ACTIVITY: Please give an exact transcription of the lines below, from the one that contains "Heeds-after q q1" to the very last, with no other lines.

DATASET RECORDS:
= = = = = = =
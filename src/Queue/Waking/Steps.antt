-- ===== src/Queue/Waking/Steps.antt =====
-- The steps of the operations of internal/queue/queue.go, and the deadlines of the maintenance loop.
use mathlib.Core.Path.{subst}
use stitch.Prelude.{
  ℕ, zero, suc, ◌+◌, ◌≤◌, ◌<◌, ◌≡◌, refl, sym, ap, Bool, true, false, none, some, List, [], ◌∷◌,
  ◌++◌, ltb, str_eq, length, arith, Bool-cases, List-cases, inl, inr, String,
}
use stitch.Prelude.Tally.{bit, tally}
use stitch.Queue.Message.{Message}
use stitch.Queue.Order.{ready_push}
use stitch.Queue.Live.{
  Queue, is_lifo, put, promote, promote_due, enqueue_commit, move_to_dlq, restore_leased,
}
use stitch.Queue.Ops.{
  LogAnswer, pick, push_back, grant, lease_items, dequeue_commit, ack_commit, nack_commit, requeued,
}
use stitch.Queue.Delivery.{pick-Picked}
use stitch.Queue.Invariant.{ReadyHeap, IsOrdered, Balanced}
use stitch.Queue.Invariant.Loops.{
  delayed_pop-Popped, promoted, granted, granted-Balanced, promoted-Balanced, promote-empty,
  promote-later, promote-due,
}
use stitch.Queue.Leases.Operations.{tally-lease_push}
use stitch.Queue.Waking.Heeds.{
  due_times, missed, Heeds, Heeds-same, Heeds-before, Heeds-after, wake_if_sooner-Heeds, put_times,
  put-Heeds,
}

module _ (held : List Message) where
  promoted-Heeds : (q : Queue) → 0 < length q.delayed → Balanced held q → Heeds [] q (promoted q)
  promoted-Heeds q pos b =
      let popped = delayed_pop-Popped (is_lifo q) q.delayed pos b.ordered.delayed in
      record {
        armed = refl;
        kept = λ h. h;
        dues = λ p. omega (arith, popped.same (λ (m : Message). p m.visible_at));
        nudged = inr refl;
      }

  promote-Heeds : (fuel now : ℕ) (q : Queue) → Balanced held q → Heeds [] q (promote fuel now q)
  unfolding promote
  promote-Heeds zero now q b = Heeds-same q q refl refl refl refl
  promote-Heeds (suc fuel) now q b = elim (List-cases q.delayed) [
    | inl e ↦
        subst (Heeds [] q) (sym (promote-empty fuel now q e)) (Heeds-same q q refl refl refl refl)
    | inr (m, ms, e) ↦ elim (Bool-cases (ltb now m.visible_at)) [
      | inl later ↦
          subst (Heeds [] q) (sym (promote-later fuel now q m ms e later))
            (Heeds-same q q refl refl refl refl)
      | inr due ↦
          let pos : 0 < length q.delayed = omega (arith, ap length e) in
          subst (Heeds [] q) (sym (promote-due fuel now q m ms e due)) (
            Heeds-before q (promoted q) _ (promoted-Heeds q pos b)
              (promote-Heeds fuel now (promoted q) (promoted-Balanced held q pos b)))
    ]
  ]

  pub promote_due-Heeds : (now : ℕ) (q : Queue) → Balanced held q → Heeds [] q (promote_due now q)
  unfolding promote_due
  promote_due-Heeds now q b = promote-Heeds (length q.delayed) now q b

pub pick-Heeds : (n : ℕ) (q : Queue) → ReadyHeap (is_lifo q) q.ready → Heeds [] q (pick n q []).0
pick-Heeds n q o =
    subst (Heeds [] q) (sym (pick-Picked n q o).queue) (Heeds-same q _ refl refl refl refl)

push_back-Heeds : (ms : List Message) (q : Queue) → Heeds [] q (push_back ms q)
unfolding push_back
push_back-Heeds [] q = Heeds-same q q refl refl refl refl
push_back-Heeds (m ∷ ms) q =
    let q1 = record q { ready = ready_push (is_lifo q) q.ready m } in
    Heeds-before q q1 _ (Heeds-same q q1 refl refl refl refl) (push_back-Heeds ms q1)

-- The deadlines of the leases of one Dequeue.
abbrev pub lease_times : ℕ → List Message → List ℕ
lease_times expires [] = []
lease_times expires (m ∷ ms) = expires ∷ lease_times expires ms

-- The loop that grants the leases: it adds their deadlines, and does not touch the channel.
record Grants (ts : List ℕ) (q q' : Queue) : Type 0 where
  armed : q'.armed ≡ q.armed
  wake : q'.wake ≡ q.wake
  dues : (p : ℕ → Bool) → due_times p q' ≤ due_times p q + tally p ts

module _ (held : List Message) where
  grant-Grants :
      (expires : ℕ) (token : ℕ → String) (i : ℕ) (picked : List Message) (q : Queue)
      → Balanced (picked ++ held) q
      → Grants
          (lease_times expires picked)
          q
          (grant expires picked (lease_items token i picked) q).0
  unfolding grant lease_items
  grant-Grants expires token i [] q b = record {
    armed = refl;
    wake = refl;
    dues = λ p. omega arith;
  }
  grant-Grants expires token i (m ∷ ms) q b =
      let q1 = granted expires (token i) m q in
      let rest =
        grant-Grants expires token (i + 1) ms q1
          (granted-Balanced (ms ++ held) expires (token i) m q b) in
      record {
        armed = rest.armed;
        wake = rest.wake;
        dues = λ p. omega (
          arith,
          rest.dues p,
          tally-lease_push (λ x. p x.expires_at) q.leases
              (record { id = m.id; token = token i; expires_at = expires }) b.ordered.leases,
        );
      }

abbrev pub dequeue_times : LogAnswer → ℕ → List Message → List ℕ
dequeue_times (some e) expires picked = []
dequeue_times none expires picked = lease_times expires picked

lease_times-missed :
    (expires : ℕ) (picked : List Message) (a : ℕ)
    → missed a expires ≡ false
    → tally (missed a) (lease_times expires picked) ≡ 0
lease_times-missed expires [] a h = refl
lease_times-missed expires (m ∷ ms) a h = omega (arith, ap bit h, lease_times-missed expires ms a h)

pub dequeue_commit-Heeds :
    (held : List Message) (expires : ℕ) (token : ℕ → String) (picked : List Message)
    (answer : LogAnswer) (q : Queue)
    → Balanced (picked ++ held) q
    → Heeds
        (dequeue_times answer expires picked)
        q
        (dequeue_commit expires picked (lease_items token 0 picked) answer q).1
unfolding dequeue_commit
dequeue_commit-Heeds held expires token picked (some e) q b = push_back-Heeds picked q
dequeue_commit-Heeds held expires token picked none q b =
    let g = grant-Grants held expires token 0 picked q b in
    wake_if_sooner-Heeds expires (lease_times expires picked) q _ g.armed g.wake g.dues
      (lease_times-missed expires picked)

abbrev pub enqueue_times : LogAnswer → ℕ → Message → List ℕ
enqueue_times (some e) later m = []
enqueue_times none later m = put_times later m

pub enqueue_commit-Heeds :
    (m : Message) (answer : LogAnswer) (later : ℕ) (q : Queue)
    → IsOrdered q
    → Heeds (enqueue_times answer later m) q (enqueue_commit m answer later q).1
unfolding enqueue_commit
enqueue_commit-Heeds m (some e) later q o = elim (Bool-cases (str_eq m.dedup_key "")) [
  | inl plain ↦ rw plain (Heeds-same q q refl refl refl refl)
  | inr keyed ↦ rw keyed (Heeds-same q _ refl refl refl refl)
]
enqueue_commit-Heeds m none later q o =
    Heeds-after q (put m later q) _ (put-Heeds m later q o)
      (Heeds-same (put m later q) _ refl refl refl refl)

pub ack_commit-Heeds :
    (id : String) (m : Message) (answer : LogAnswer) (q : Queue)
    → Heeds [] q (ack_commit id m answer q).1
unfolding ack_commit restore_leased
ack_commit-Heeds id m (some e) q = Heeds-same q _ refl refl refl refl
ack_commit-Heeds id m none q = Heeds-same q _ refl refl refl refl

abbrev pub nack_times : LogAnswer → Bool → ℕ → ℕ → Message → List ℕ
nack_times (some e) to_dlq visible_at now m = []
nack_times none true visible_at now m = []
nack_times none false visible_at now m = put_times now (requeued m visible_at)

pub nack_commit-Heeds :
    (m : Message) (to_dlq : Bool) (visible_at now : ℕ) (answer : LogAnswer) (q : Queue)
    → IsOrdered q
    → Heeds
        (nack_times answer to_dlq visible_at now m)
        q
        (nack_commit m to_dlq visible_at now answer q).1
unfolding nack_commit move_to_dlq restore_leased
nack_commit-Heeds m to_dlq visible_at now (some e) q o = Heeds-same q _ refl refl refl refl
nack_commit-Heeds m true visible_at now none q o = Heeds-same q _ refl refl refl refl
nack_commit-Heeds m false visible_at now none q o =
    let q1 = put (requeued m visible_at) now q in
    Heeds-after q q1 _ (put-Heeds (requeued m visible_at) now q o)
      (Heeds-same q1 _ refl refl refl refl)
= = = = = = =
WRITTEN RESPONSE:
    Heeds-after q q1 _ (put-Heeds (requeued m visible_at) now q o)
      (Heeds-same q1 _ refl refl refl refl)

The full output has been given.